Data to use =>
-- ===== src/Stats/Messages/Tasks.antt =====
-- An update that every call does once: for each call that has drawn an index it is done, or the
-- call is on its way to it.
use mathlib.Core.Path.{subst}
use mathlib.Core.Option.{some-injective}
use aeron_fast.Base.{
  ℕ, zero, suc, ◌≤◌, ◌<◌, ◌≡◌, refl, sym, ap, ◌∙◌, ◌⊎◌, inl, inr, some, List, [], ◌∷◌, ◌++◌, arith,
  length, get_elem?, set, leb, ◌==◌, if◌then◌else◌, IsU64, Bool-cases, All, All-get_elem?, weigh,
  weigh-set, none-get_elem?,
}
use aeron_fast.Stats.Defs.{PerformanceStats}
use aeron_fast.Stats.Messages.{
  Delivery, Place, Pc, proceed, exec, System, drawn_after, Step, call, run, start, Reach, here,
  next,
}
use aeron_fast.Stats.Messages.Indices.{rank, IsDrawn, IsIndexed, Reach-IsIndexed, Step-small}

-- What a call that is not past update `k` owes, in a weight of its index and its arguments.
abbrev pub owed : ℕ → (ℕ → Delivery → ℕ) → Pc → ℕ
owed k w Pc.idle = 0
owed k w (Pc.drawing d) = 0
owed k w (Pc.inside p d i) = if leb (rank p) k then w i d else 0

abbrev pub only : ℕ → ℕ → Delivery → ℕ
only j i d = if i == j then 1 else 0

-- A call is before update `k` with the index `j`.
abbrev pub IsAwaited : ℕ → ℕ → List Pc → Type 0
IsAwaited k j pcs = 1 ≤ weigh (owed k (only j)) pcs

-- What is drawn after an addition: an earlier call, or the new one at the end.
pub drawn_cases :
    (drawn : List Delivery) (d : Delivery) (j : ℕ) (x : Delivery)
    → get_elem? (drawn ++ d ∷ []) j ≡ some x
    → (get_elem? drawn j ≡ some x) ⊎ ((j ≡ length drawn) × (d ≡ x))
drawn_cases [] d zero x e = inr (refl, some-injective _ _ e)
drawn_cases [] d (suc j) x e = inl e
drawn_cases (y ∷ drawn) d zero x e = inl e
drawn_cases (y ∷ drawn) d (suc j) x e = elim (drawn_cases drawn d j x e) [
  | inl old ↦ inl old
  | inr new ↦ inr (ap suc (new.0), new.1)
]

-- No call is under way.
abbrev pub AllIdle : List Pc → Type 0
AllIdle pcs = All (λ pc. pc ≡ Pc.idle) pcs

pub weigh_idle :
    (k : ℕ) (w : ℕ → Delivery → ℕ) (pcs : List Pc) → AllIdle pcs → weigh (owed k w) pcs ≡ 0
weigh_idle k w [] h = refl
weigh_idle k w (pc ∷ pcs) h =
    let none_owed : owed k w pc ≡ 0 = ap (owed k w) h.0 in
    omega (arith, none_owed, weigh_idle k w pcs h.1)

-- No thread leaves its place before update `k` with the index `j`.
IsAwaited-set :
    (k j : ℕ) (pcs : List Pc) (i : ℕ) (pc pc' : Pc)
    → get_elem? pcs i ≡ some pc
    → owed k (only j) pc ≤ owed k (only j) pc'
    → IsAwaited k j pcs
    → IsAwaited k j (set pcs i pc')
IsAwaited-set k j pcs i pc pc' e le h = omega (arith, weigh-set (owed k (only j)) pcs i pc pc' e)

-- A call that has just drawn `j`.
IsAwaited-drawn :
    (k j : ℕ) (pcs : List Pc) (i : ℕ) (pc : Pc) (d : Delivery)
    → get_elem? pcs i ≡ some pc
    → owed k (only j) pc ≡ 0
    → IsAwaited k j (set pcs i (Pc.inside Place.dating_first d j))
IsAwaited-drawn k j pcs i pc d e none_owed =
    let one : owed k (only j) (Pc.inside Place.dating_first d j) ≡ 1 = ground arith in
    omega (arith, weigh-set (owed k (only j)) pcs i pc (Pc.inside Place.dating_first d j) e)

-- A call at `p` does not pass update `k`, or does it, by its next operation.
pub data Does (k : ℕ) (Done : PerformanceStats → ℕ → Delivery → Type 0) (p : Place) (d : Delivery)
    (i : ℕ) (m : PerformanceStats) : Type 0 where
  before : {p' : Place} → (proceed p d i m).0 ≡ Pc.inside p' d i → rank p' ≤ k → Does k Done p d i m
  past : k < rank p → Does k Done p d i m
  now : Done (proceed p d i m).1 i d → Does k Done p d i m

module _ (k : ℕ) (Done : PerformanceStats → ℕ → Delivery → Type 0) where
  -- Update `k` of each call that has drawn an index.
  abbrev pub Task : System → Type 0
  Task s =
      (j : ℕ) (d : Delivery)
      → get_elem? s.drawn j ≡ some d
      → Done s.memory j d ⊎ IsAwaited k j s.threads

  -- What an operation has to keep, and what it has to do.
  pub record Serves (s : System) : Type 0 where
    pub keeps :
        (i : ℕ) (pc : Pc)
        → get_elem? s.threads i ≡ some pc
        → (j : ℕ) (d : Delivery) → get_elem? s.drawn j ≡ some d
        → Done s.memory j d
        → Done (exec pc s.memory).1 j d
    pub does :
        (i : ℕ) (p : Place) (d : Delivery) (n : ℕ)
        → get_elem? s.threads i ≡ some (Pc.inside p d n)
        → Does k Done p d n s.memory

  kept_or_IsAwaited :
      (s : System) (i : ℕ) (pc pc' : Pc) (j : ℕ) (d : Delivery)
      → Serves s
      → get_elem? s.threads i ≡ some pc
      → get_elem? s.drawn j ≡ some d
      → owed k (only j) pc ≤ owed k (only j) pc'
      → Done s.memory j d ⊎ IsAwaited k j s.threads
      → Done (exec pc s.memory).1 j d ⊎ IsAwaited k j (set s.threads i pc')
  kept_or_IsAwaited s i pc pc' j d v e f le (inl h) = inl (v.keeps i pc e j d f h)
  kept_or_IsAwaited s i pc pc' j d v e f le (inr h) =
      inr (IsAwaited-set k j s.threads i pc pc' e le h)

  run_drawing :
      (s : System) (i : ℕ) (x : Delivery)
      → get_elem? s.threads i ≡ some (Pc.drawing x)
      → IsIndexed s
      → Serves s
      → Task s
      → (j : ℕ) (d : Delivery) → get_elem? (s.drawn ++ x ∷ []) j ≡ some d
      → Done (exec (Pc.drawing x) s.memory).1 j d
        ⊎ IsAwaited k j
            (set s.threads i (Pc.inside Place.dating_first x s.memory.counters.message_count))
  run_drawing s i x e h v task j d f = elim (drawn_cases s.drawn x j d f) [
    | inl old ↦
        kept_or_IsAwaited s i (Pc.drawing x)
          (Pc.inside Place.dating_first x s.memory.counters.message_count) j d v e old (omega arith)
          (task j d old)
    | inr (last, same) ↦
        inr (rw (h.count ∙ sym last) (IsAwaited-drawn k j s.threads i (Pc.drawing x) x e refl))
  ]

  run_inside :
      (s : System) (i : ℕ) (p : Place) (x : Delivery) (n : ℕ)
      → get_elem? s.threads i ≡ some (Pc.inside p x n)
      → get_elem? s.drawn n ≡ some x
      → Serves s
      → Task s
      → Does k Done p x n s.memory
      → (j : ℕ) (d : Delivery) → get_elem? s.drawn j ≡ some d
      → Done (exec (Pc.inside p x n) s.memory).1 j d
        ⊎ IsAwaited k j (set s.threads i (proceed p x n s.memory).0)
  unfolding exec
  run_inside s i p x n e own v task (before {p'} to le) j d f =
      let same : owed k (only j) (Pc.inside p x n) ≤ owed k (only j) (Pc.inside p' x n) =
        ground arith in
      kept_or_IsAwaited s i (Pc.inside p x n) (proceed p x n s.memory).0 j d v e f (rw to same)
        (task j d f)
  run_inside s i p x n e own v task (past lt) j d f =
      let none_owed : owed k (only j) (Pc.inside p x n) ≡ 0 = ground arith in
      kept_or_IsAwaited s i (Pc.inside p x n) (proceed p x n s.memory).0 j d v e f
        (omega (arith, none_owed)) (task j d f)
  run_inside s i p x n e own v task (now done) j d f = elim (Bool-cases (n == j)) [
    | inl q ↦
        let here_too : n ≡ j = ground arith in
        let same : x ≡ d = some-injective _ _ (sym own ∙ ap (get_elem? s.drawn) here_too ∙ f) in
        let m : PerformanceStats = (proceed p x n s.memory).1 in
        inl (subst (Done m j) same (subst (λ (y : ℕ). Done m y x) here_too done))
    | inr q ↦
        let none_owed : owed k (only j) (Pc.inside p x n) ≡ 0 = ground arith in
        kept_or_IsAwaited s i (Pc.inside p x n) (proceed p x n s.memory).0 j d v e f
          (omega (arith, none_owed)) (task j d f)
  ]

  run-Task :
      (s : System) (i : ℕ) (pc : Pc)
      → get_elem? s.threads i ≡ some pc
      → IsIndexed s
      → Serves s
      → Task s
      → (j : ℕ) (d : Delivery) → get_elem? (drawn_after pc s.drawn) j ≡ some d
      → Done (exec pc s.memory).1 j d ⊎ IsAwaited k j (set s.threads i (exec pc s.memory).0)
  unfolding exec
  run-Task s i Pc.idle e h v task j d f =
      kept_or_IsAwaited s i Pc.idle Pc.idle j d v e f (omega arith) (task j d f)
  run-Task s i (Pc.drawing x) e h v task j d f = run_drawing s i x e h v task j d f
  run-Task s i (Pc.inside p x n) e h v task j d f =
      run_inside s i p x n e
        (All-get_elem? (IsDrawn s.drawn) s.threads i (Pc.inside p x n) e h.indices) v task
        (v.does i p x n e) j d f

  Step-Task : {s t : System} → Step s t → IsIndexed s → Serves s → Task s → Task t
  Step-Task {s} (call i x e) h v task j d f = elim (task j d f) [
    | inl done ↦ inl done
    | inr waits ↦ inr (IsAwaited-set k j s.threads i Pc.idle (Pc.drawing x) e (omega arith) waits)
  ]
  Step-Task {s} (run i pc e) h v task j d f = run-Task s i pc e h v task j d f

  -- From states in which every operation keeps and does its part, each call that has drawn an index
  -- is past the update or on its way to it.
  pub Reach-Task :
      (n : ℕ) (memory : PerformanceStats) {s : System}
      → memory.counters.message_count ≡ 0
      → ((t : System) → Reach (start n memory) t → IsU64 (length t.drawn) → Serves t)
      → Reach (start n memory) s
      → IsU64 (length s.drawn)
      → Task s
  Reach-Task n memory zeroed serves here small = λ j d f. absurd (none-get_elem? f)
  Reach-Task n memory zeroed serves (next {t} r st) small =
      let before = Step-small st small in
      Step-Task st (Reach-IsIndexed n memory zeroed r before) (serves t r before)
        (Reach-Task n memory zeroed serves r before)

  -- Without a call under way the update is done for all.
  pub Task_idle :
      (s : System)
      → AllIdle s.threads
      → Task s
      → (j : ℕ) (d : Delivery) → get_elem? s.drawn j ≡ some d
      → Done s.memory j d
  Task_idle s idle task j d f = elim (task j d f) [
    | inl done ↦ done
    | inr waits ↦ absurd (omega (arith, weigh_idle k (only j) s.threads idle))
  ]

Activity => The word to look for is "same"; copy out every line of the entries that holds it.

Answer space =>
    | inr (last, same) ↦
      let same : owed k (only j) (Pc.inside p x n) ≤ owed k (only j) (Pc.inside p' x n) =
      kept_or_IsAwaited s i (Pc.inside p x n) (proceed p x n s.memory).0 j d v e f (rw to same)
        let same : x ≡ d = some-injective _ _ (sym own ∙ ap (get_elem? s.drawn) here_too ∙ f) in
        inl (subst (Done m j) same (subst (λ (y : ℕ). Done m y x) here_too done))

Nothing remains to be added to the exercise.